In fact when we first moved here there was a news item in which this was discussed. A representative of the Guild Of Pharmacists came on TV and outright lied, saying that the reason pharmacists did this was because Generics were not as good as branded medicines. Now IF that were true (it’s not) that means that pharmacists all over New Zealand are dispensing substandard medicines on prescription – which I highly doubt.

It’s all about the money.

I have flicked the Guild an email about this – as I am curious as to their take on pharmacy staff lying to customers to try and convince us to pay more for medicines than we should.

In the meantime – some searching shows that online pharmacies here in New Zealand suffer the same issue – only allowing you  to buy Nurofen. However – after some digging around - One Click Pharmacy in the UK will ship here with a shipping fee of £13.99 (which is a flat fee). Now that’s a lot of money – but then they are only charging £1.35 for 48 Ibuprofen 400mg tablets – which is equivalent to 96 200mg Nurofens. So because of the postage you need to bulk buy – you can buy a maximum of 3 packets.
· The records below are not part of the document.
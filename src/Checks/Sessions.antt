-- ===== src/Checks/Sessions.antt =====
-- Requests about sessions at concrete inputs.
use crew_im.Prelude.{ℕ, ◌≡◌, refl, some, List, [], ◌∷◌, arith}
use crew_im.World.{World, Session}
use crew_im.World.Table.{find_by}
use crew_im.Sessions.Owners.{Request, rename, delete, owner, serve_all, serve_all-owner}
use crew_im.Model.{waiting_confirm}
use crew_im.Checks.Data.{services, world, task}

abbrev lunch : Session
lunch = record { id = 5; user_id = 1; title = some "lunch"; created_at = 0; updated_at = 0 }

-- User 1 has a session with a task in it.
abbrev with_session : World
with_session = record world {
  sessions = lunch ∷ [];
  tasks = record (task 10 1 waiting_confirm) { session_id = some 5 } ∷ [];
}

abbrev intrusions : List (ℕ × Request)
intrusions = (2, rename 5 (some "mine")) ∷ (2, delete 5) ∷ []

owner-with_session : owner 5 with_session ≡ some 1
unfolding find_by
owner-with_session = refl

serve_all-owner_example : owner 5 (serve_all services intrusions with_session) ≡ some 1
serve_all-owner_example =
    serve_all-owner services 5 1 intrusions with_session owner-with_session
      (omega arith, (omega arith, tt))
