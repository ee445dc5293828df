-- ===== src/Checks/Sms.antt =====
-- Verification codes and the rate limit at concrete inputs.
use crew_im.Prelude.{
  bytes_ne, ℕ, ◌+◌, ◌*◌, ◌≡◌, refl, ◌≢◌, true, false, some, List, [], ◌∷◌, arith, ltb, Bytes,
  bytes_eq, All,
}
use crew_im.Sms.{
  second, new_code_store, six_digits, generate, verify, verify_read, check_rate_limit, cleanup,
  count_recent,
}
use crew_im.Sms.Codes.{verify-generate}
use crew_im.Auth.SendCode.{is_phone, send_code}
use crew_im.Auth.SendCode.Runs.{
  run_from, Op, request, check_code, clean, sent_to, Paced, check_code,
}
use crew_im.Auth.SendCode.Cleanups.{seen, uncleaned, seen-uncleaned}
use crew_im.Auth.SendCode.Once.{asks_for, verify-run_from}
use crew_im.Auth.SendCode.Pacing.{sent_to-Paced}

abbrev alice : Bytes
alice = 49 ∷ 51 ∷ 56 ∷ 48 ∷ 48 ∷ 48 ∷ 48 ∷ 48 ∷ 48 ∷ 48 ∷ 49 ∷ []

abbrev bob : Bytes
bob = 49 ∷ 51 ∷ 56 ∷ 48 ∷ 48 ∷ 48 ∷ 48 ∷ 48 ∷ 48 ∷ 48 ∷ 50 ∷ []

alice-ne-bob : alice ≢ bob
unfolding bytes_eq
alice-ne-bob = bytes_ne alice bob refl

verify-generate_example :
    (verify_read (generate new_code_store alice 7 4711) alice (six_digits 4711) 8
      ≡ ltb 8 (7 + 5 * 60 * second + 1))
    × (verify_read (generate new_code_store alice 7 4711) bob [] 8
        ≡ verify_read new_code_store bob [] 8)
verify-generate_example = verify-generate new_code_store alice bob [] 7 8 4711 alice-ne-bob

accepted : (verify (generate new_code_store alice 7 4711) alice (six_digits 4711) 8).1 ≡ true
unfolding verify verify_read generate six_digits bytes_eq
accepted = refl

-- The number of somebody else gets a code, a cleanup runs, and the code is tried again.
abbrev meanwhile : List Op
meanwhile =
    request (record { phone = some bob; checked = 9; generated = 9; roll = 5; sent = true })
    ∷ check_code alice (six_digits 4711) 10
    ∷ clean 11
    ∷ []

none_for_alice : All (λ op. asks_for alice op ≡ false) meanwhile
unfolding bytes_eq
none_for_alice = (refl, (refl, (refl, tt)))

verify-run_from_example :
    (verify
      (run_from true alice
        (record {
          store = (verify (generate new_code_store alice 7 4711) alice (six_digits 4711) 8).0;
          log = [];
        })
        meanwhile).store
      alice
      (six_digits 4711)
      12).1
    ≡ false
verify-run_from_example =
    verify-run_from true (generate new_code_store alice 7 4711) alice (six_digits 4711)
      (six_digits 4711) 8 12 meanwhile accepted none_for_alice

-- A code at once, one too soon, one a minute later, and a cleanup in between.
abbrev ask : ℕ → Op
ask t =
    request (record { phone = some alice; checked = t; generated = t; roll = 4711; sent = true })

abbrev ops : List Op
ops = ask 5 ∷ ask (6 * second) ∷ clean (20 * second) ∷ ask (61 * second) ∷ []

ops_run : sent_to true alice ops ≡ ((61 * second) ∷ 5 ∷ [])
unfolding sent_to send_code generate check_rate_limit cleanup bytes_eq count_recent is_phone
ops_run = refl

sent_to-Paced_example : Paced (sent_to true alice ops)
sent_to-Paced_example = sent_to-Paced true alice ops (omega arith)

-- The same with a login whose code is right, before and after another cleanup.
abbrev sees : List Op
sees =
    ask 5
    ∷ clean (20 * second)
    ∷ check_code alice (six_digits 4711) (30 * second)
    ∷ clean (40 * second)
    ∷ check_code alice (six_digits 4711) (50 * second)
    ∷ []

seen-uncleaned_example : seen true new_code_store sees ≡ seen true new_code_store (uncleaned sees)
seen-uncleaned_example =
    seen-uncleaned true 0 sees
      (omega arith, (omega arith, (omega arith, (omega arith, (omega arith, tt)))))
  • 3 x 48 Ibuprofen 400mg         £4.08 (That’s equivalent to 288 Nurofen 200mg Tablets)
  • Postage                                            £13.99
  • Total                                                 £18.07
  • Total NZ$ (2:1)                            $36.14
  • Cost of 96 Nurofen 200mg     $20.99 (Cheapest price I have found in NZ)
  • Cost of 288 Nurofen 200mg  $62.97
  • Saved                                               $26.83

Now since its a flat fee postage – I thought I would look at other items I want. Paracetamol ( you can buy a maximum of 32 tablets at a time – that’s UK law) – 35p or 70c. The cheapest you can find here is $2.99 for 20. Syndol – which I use for really bad headaches is £4.50 or $9.00 whereas here it’s $16.99 (I would also recommend buying heayfever tablets from here as well if you need them and know what you want).

That takes our total savings on one order to a whopping $37.11.

May as well make the most of the exchange rate and refuse to be ripped off.